A1=> I format my hdd every 2-3 months, no problem for last 3years 6 months

A2=> I NEVER use windows' help


----------



## silly_kash (Jun 17, 2004)

i keep formatting my hard disks 
never got any error.


----------



## silly_kash (Jun 17, 2004)

i keep formatting my hard disks 
never got any error.


----------



## shadowdm (Jun 17, 2004)

I usually format my C drive twice every month and full hard disk once every two months. I also take it to friends and everywhere.... etc etc etc
But it has no problem. Not even a single bad sector after 6 years of use. I


----------



## harmads (Jun 17, 2004)

Here is a question for all C-Formatters :

Why do you do it so frequently. What is the advantage. How do you guys manage the data/softeware stored on it

Thanks
Harsh


----------



## aadipa (Jun 17, 2004)

i install a lot of trialware/shareware and every program that i come across, so the hdd if full with unwanted dlls and registry entries, its better to reinstall OS than cleaning the system

as far as how i manage the data, NEVER KEEP YOUR IMPORTANT WORK ON YOUR MAIN DRIVE. i keep my files on second hdd and keep the partition hidden in explorer by using TweakUI


----------



## aadipa (Jun 17, 2004)

also the big problem of fragmentation of free space, defragging helps but when u generally install/uninstall 1-2GBs of softwares every 2-3 days, its not that effective


----------



## digen (Jun 17, 2004)

i format my c drive every month.after installing & uninstalling the drive becomes kind of slow.no harm done so far.


----------



## JAK (Jun 17, 2004)

I don't use the raw format command unless I badly need it.  
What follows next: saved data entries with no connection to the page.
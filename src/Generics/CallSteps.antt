-- ===== src/Generics/CallSteps.antt =====
-- What `processCall` and `instantiate` (Compiler/generics.cpp) do to the instances.
use noe_code.Prelude.{
  In, ◌≡◌, ◌⊎◌, refl, ap, ◌∙◌, inl, inr, true, List, [], ◌∷◌, ◌++◌, Option, none, some, Text, codes,
  find_text, map, if_both, Bool-cases, Option-cases,
}
use noe_code.Ast.{
  Span, Parameter, Expr, Stmts, FunctionDecl, literal, name, unary, binary, call, cast, index,
  member, array,
}
use noe_code.Lifetime.Check.{no_errors}
use noe_code.Generics.Bind.{Bindings}
use noe_code.Generics.Substitute.{substitute}
use noe_code.Generics.Clone.{clone_stmts}
use noe_code.Generics.Instances.{name_suffix, key_suffix}
use noe_code.Generics.State.{Monomorphizer, is_generic}
use noe_code.Generics.Calls.{
  Env, Called, plain_callee, rename_callee, or_void, bind_parameters, check_bound,
  check_constraints, constraints_of, substitute_annotation, ensure_opt, copy_params,
  substitute_stmts, env_of, instantiate, call_instance, call_generic, process_call,
}
use noe_code.Generics.Ensured.{Appended-trans, IsEnsured, IsEnsured-refl, IsEnsured-trans, Ensures}
use noe_code.Generics.Cloned.{clone_stmts_same}
use noe_code.Generics.Bare.{bare_stmts, bare_callee-rename}
use noe_code.Generics.Instantiated.{
  names, copied, IsInstanceOf, IsCached, IsCall, IsInstanced, IsInstanced-refl, IsInstanced-trans,
  reported-IsInstanced, IsEnsured-IsInstanced, Instances, In-appended, pushed-IsInstanced,
}
use noe_code.Generics.Finished.{finished-IsInstanced, finished-In}
use noe_code.Generics.Unchanged.{find_text-All}
use noe_code.Generics.Reported.{
  bind_parameters-Appended, check_bound-Appended, check_constraints-Appended,
}

module _ (ensure : Text → Monomorphizer → Monomorphizer) (ensures : Ensures ensure) where
  pub ensure_opt-IsEnsured :
      (t : Option Text) (m : Monomorphizer) → IsEnsured m (ensure_opt ensure t m)
  unfolding ensure_opt
  ensure_opt-IsEnsured none m = IsEnsured-refl m
  ensure_opt-IsEnsured (some t) m = ensures t m

  copy_params-IsEnsured :
      (b : Bindings) (ps : List Parameter) (m : Monomorphizer)
      → IsEnsured m (copy_params ensure b ps m).1
  unfolding copy_params
  copy_params-IsEnsured b [] m = IsEnsured-refl m
  copy_params-IsEnsured b (p ∷ ps) m =
      let t = substitute_annotation b p.annotation in
      IsEnsured-trans (ensure_opt-IsEnsured t m)
        (copy_params-IsEnsured b ps (ensure_opt ensure t m))

  copy_params-map :
      (b : Bindings) (ps : List Parameter) (m : Monomorphizer)
      → (copy_params ensure b ps m).0 ≡ map (copied b) ps
  unfolding copy_params
  copy_params-map b [] m = refl
  copy_params-map b (p ∷ ps) m =
      ap (λ (l : List Parameter). copied b p ∷ l)
        (copy_params-map b ps (ensure_opt ensure (substitute_annotation b p.annotation) m))

  module _ (process : Stmts → Env → Monomorphizer → Stmts × Monomorphizer)
      (processes : Instances process) where
    -- `instantiate` for a generic function of the program: the name that it gives is that of an
    -- instance.
    instantiate-IsInstanced :
        (f : FunctionDecl) (b : Bindings) (m : Monomorphizer) (x : Text)
        → find_text m.functions x ≡ some f
        → is_generic f.generic_params ≡ true
        → IsInstanced m (instantiate ensure process f b m).1
          × (IsCached m
              → In
                  (instantiate ensure process f b m).0
                  (names (instantiate ensure process f b m).1.instances))
    unfolding instantiate is_generic
    instantiate-IsInstanced f b m x found generic =
        let key = f.name ++ key_suffix f.generic_params b in
        let instance' = f.name ++ name_suffix f.generic_params b in
        let entered : Monomorphizer = record m { cache = (key, instance') ∷ m.cache } in
        let params = copy_params ensure b f.params entered in
        let result = substitute_annotation b f.return_type in
        let ensured = ensure_opt ensure result params.1 in
        let kept : IsEnsured entered ensured =
          IsEnsured-trans (copy_params-IsEnsured b f.params entered)
            (ensure_opt-IsEnsured result params.1) in
        let copy : FunctionDecl = record f {
          name = instance';
          generic_params = [];
          params = params.0;
          return_type = result;
          body = substitute_stmts b (clone_stmts f.body);
        } in
        let same : bare_stmts copy.body ≡ bare_stmts (substitute_stmts b f.body) =
          ap (λ (ss : Stmts). bare_stmts (substitute_stmts b ss)) (clone_stmts_same f.body) in
        let made : IsInstanceOf m.functions copy = record {
          template = f;
          called = x;
          found = found;
          generic = generic;
          copy = record {
            bindings = b;
            named = refl;
            concrete = refl;
            params = copy_params-map b f.params entered;
            result = refl;
            body = same;
          };
        } in
        let pushed : Monomorphizer = record ensured {
          instances = ensured.instances ++ (copy ∷ []);
        } in
        let first =
          pushed-IsInstanced m ensured key copy made kept.functions kept.cache kept.instances
            kept.reports in
        let r = process copy.body (env_of params.0 []) pushed in
        let second = processes.state copy.body (env_of params.0 []) pushed in
        let both = IsInstanced-trans first second in
        let done : FunctionDecl = record copy { body = r.0 } in
        let ready : IsInstanceOf r.1.functions done = record {
          template = f;
          called = x;
          found = ap (λ (fs : List (Text × FunctionDecl)). find_text fs x) both.functions ∙ found;
          generic = generic;
          copy = record {
            bindings = b;
            named = refl;
            concrete = refl;
            params = copy_params-map b f.params entered;
            result = refl;
            body = processes.body copy.body (env_of params.0 []) pushed ∙ same;
          };
        } in
        let third =
          finished-IsInstanced m r.1 ensured.instances copy done kept.instances refl second.kept
            ready both in
        elim (Option-cases (find_text m.cache key)) [
          | inr (known, e) ↦
              rw (e, instantiate)
                (
                  IsInstanced-refl m,
                  λ h. find_text-All (λ (y : Text). In y (names m.instances)) m.cache key known h e,
                )
          | inl e ↦
              rw (e, instantiate)
                (third, λ h. finished-In r.1 ensured.instances copy done refl second.kept)
        ]

    renamed_callee :
        (x : Text) (callee : Expr) (xs : List Text)
        → In x xs
        → (rename_callee x callee ≡ callee) ⊎ In (plain_callee (rename_callee x callee)) xs
    unfolding rename_callee plain_callee
    renamed_callee x (name sp y) xs h = inr h
    renamed_callee x (literal sp v) xs h = inl refl
    renamed_callee x (unary sp op e w q) xs h = inl refl
    renamed_callee x (binary sp l op r) xs h = inl refl
    renamed_callee x (call sp e es info) xs h = inl refl
    renamed_callee x (cast sp e t) xs h = inl refl
    renamed_callee x (index sp o i info) xs h = inl refl
    renamed_callee x (member sp o y info) xs h = inl refl
    renamed_callee x (array sp es w) xs h = inl refl

    call_instance-IsCall :
        (f : FunctionDecl) (b : Bindings) (callee : Expr) (m : Monomorphizer) (x : Text)
        → find_text m.functions x ≡ some f
        → is_generic f.generic_params ≡ true
        → IsCall callee m (call_instance ensure process f b callee m)
    unfolding call_instance
    call_instance-IsCall f b callee m x found generic =
        let (p, q) = instantiate-IsInstanced f b m x found generic in
        let i = instantiate ensure process f b m in
        let e = IsEnsured-IsInstanced (ensures (substitute (or_void f.return_type) b) i.1) in
        (
          IsInstanced-trans p e,
          bare_callee-rename i.0 callee,
          λ h. renamed_callee i.0 callee _ (In-appended i.0 i.1.instances _ e.kept (q h)),
        )

    -- A call that is refused: only the diagnostics have changed.
    refused-IsCall :
        (callee : Expr) (m n : Monomorphizer) (t : Text)
        → IsInstanced m n
        → IsCall callee m (record { callee = callee; type = t; state = n })
    refused-IsCall callee m n t p = (p, refl, λ h. inl refl)

    then-IsCall :
        (m n : Monomorphizer) (callee : Expr) (c : Called)
        → IsInstanced m n
        → IsCall callee n c
        → IsCall callee m c
    then-IsCall m n callee c p (q, s, r) = (IsInstanced-trans p q, s, λ h. r (p.cached h))

    call_generic-IsCall :
        (f : FunctionDecl) (sp : Span) (callee : Expr) (args : List Text) (m : Monomorphizer)
        → find_text m.functions (plain_callee callee) ≡ some f
        → is_generic f.generic_params ≡ true
        → IsCall callee m (call_generic ensure process f sp callee args m)
    unfolding call_generic
    call_generic-IsCall f sp callee args m found generic =
        let x = plain_callee callee in
        let b = bind_parameters x sp f.generic_params f.params args [] m.diagnostics in
        let bound : Monomorphizer = record m {
          diagnostics = check_bound x sp f.generic_params b.0 b.1;
        } in
        let met : Monomorphizer = record bound {
          diagnostics = check_constraints sp (constraints_of m f.name) b.0 bound.diagnostics;
        } in
        let p : IsInstanced m bound = reported-IsInstanced refl refl refl (
          Appended-trans m.diagnostics b.1 bound.diagnostics
            (bind_parameters-Appended x sp f.generic_params f.params args [] m.diagnostics)
            (check_bound-Appended x sp f.generic_params b.0 b.1)) in
        let q : IsInstanced bound met =
          reported-IsInstanced refl refl refl
            (check_constraints-Appended sp (constraints_of m f.name) b.0 bound.diagnostics) in
        if_both (IsCall callee m) (no_errors bound.diagnostics)
          (if_both (IsCall callee m) (no_errors met.diagnostics)
            (then-IsCall m met callee (call_instance ensure process f b.0 callee met)
              (IsInstanced-trans p q) (call_instance-IsCall f b.0 callee met x found generic))
            (refused-IsCall callee m met (codes "unknown") (IsInstanced-trans p q)))
          (refused-IsCall callee m bound (codes "unknown") p)

    -- What `processCall` does: no instance and no diagnostic is lost, the instances that come are copies
    -- of generic functions, and the callee stays or becomes the name of an instance.
    pub process_call-IsCall :
        (sp : Span) (callee : Expr) (args : List Text) (m : Monomorphizer)
        → IsCall callee m (process_call ensure process sp callee args m)
    unfolding process_call
    process_call-IsCall sp callee args m =
        elim (Option-cases (find_text m.functions (plain_callee callee))) [
          | inl e ↦ rw (e, process_call) (IsInstanced-refl m, refl, λ h. inl refl)
          | inr (f, e) ↦ elim (Bool-cases (is_generic f.generic_params)) [
            | inl g ↦ rw (e, g, process_call) (call_generic-IsCall f sp callee args m e g)
            | inr g ↦ rw (e, g, process_call) (IsInstanced-refl m, refl, λ h. inl refl)
          ]
        ]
I have used Drive Image2002  to create a image of my C: Drive. I created the image after installing all the software drivers etc, So the time when I feel my C: Drive is full of crap...I simply restore it from the image I have made ,stored in  my Backup Partition(BTW I have made CD's of the image too just for backup) .So the system becomes as good as new....Also saves the time of Installin windows from scratch....The image gets restored say within 7mins...must faster then a scratch install
....


----------



## cnukutti (Jun 17, 2004)

As far as i know nothing can happen if you format your harddisk regularly. this was even published in digit magazine.


----------



## cnukutti (Jun 17, 2004)

and JAK that was a gr8 idea of yours.


----------



## theraven (Jun 17, 2004)

nice idea jak .. hmm ... think ill give it a try even


----------



## vswizard (Jun 17, 2004)

Even i do the same.. just i use Ghost instead of drive Image.. 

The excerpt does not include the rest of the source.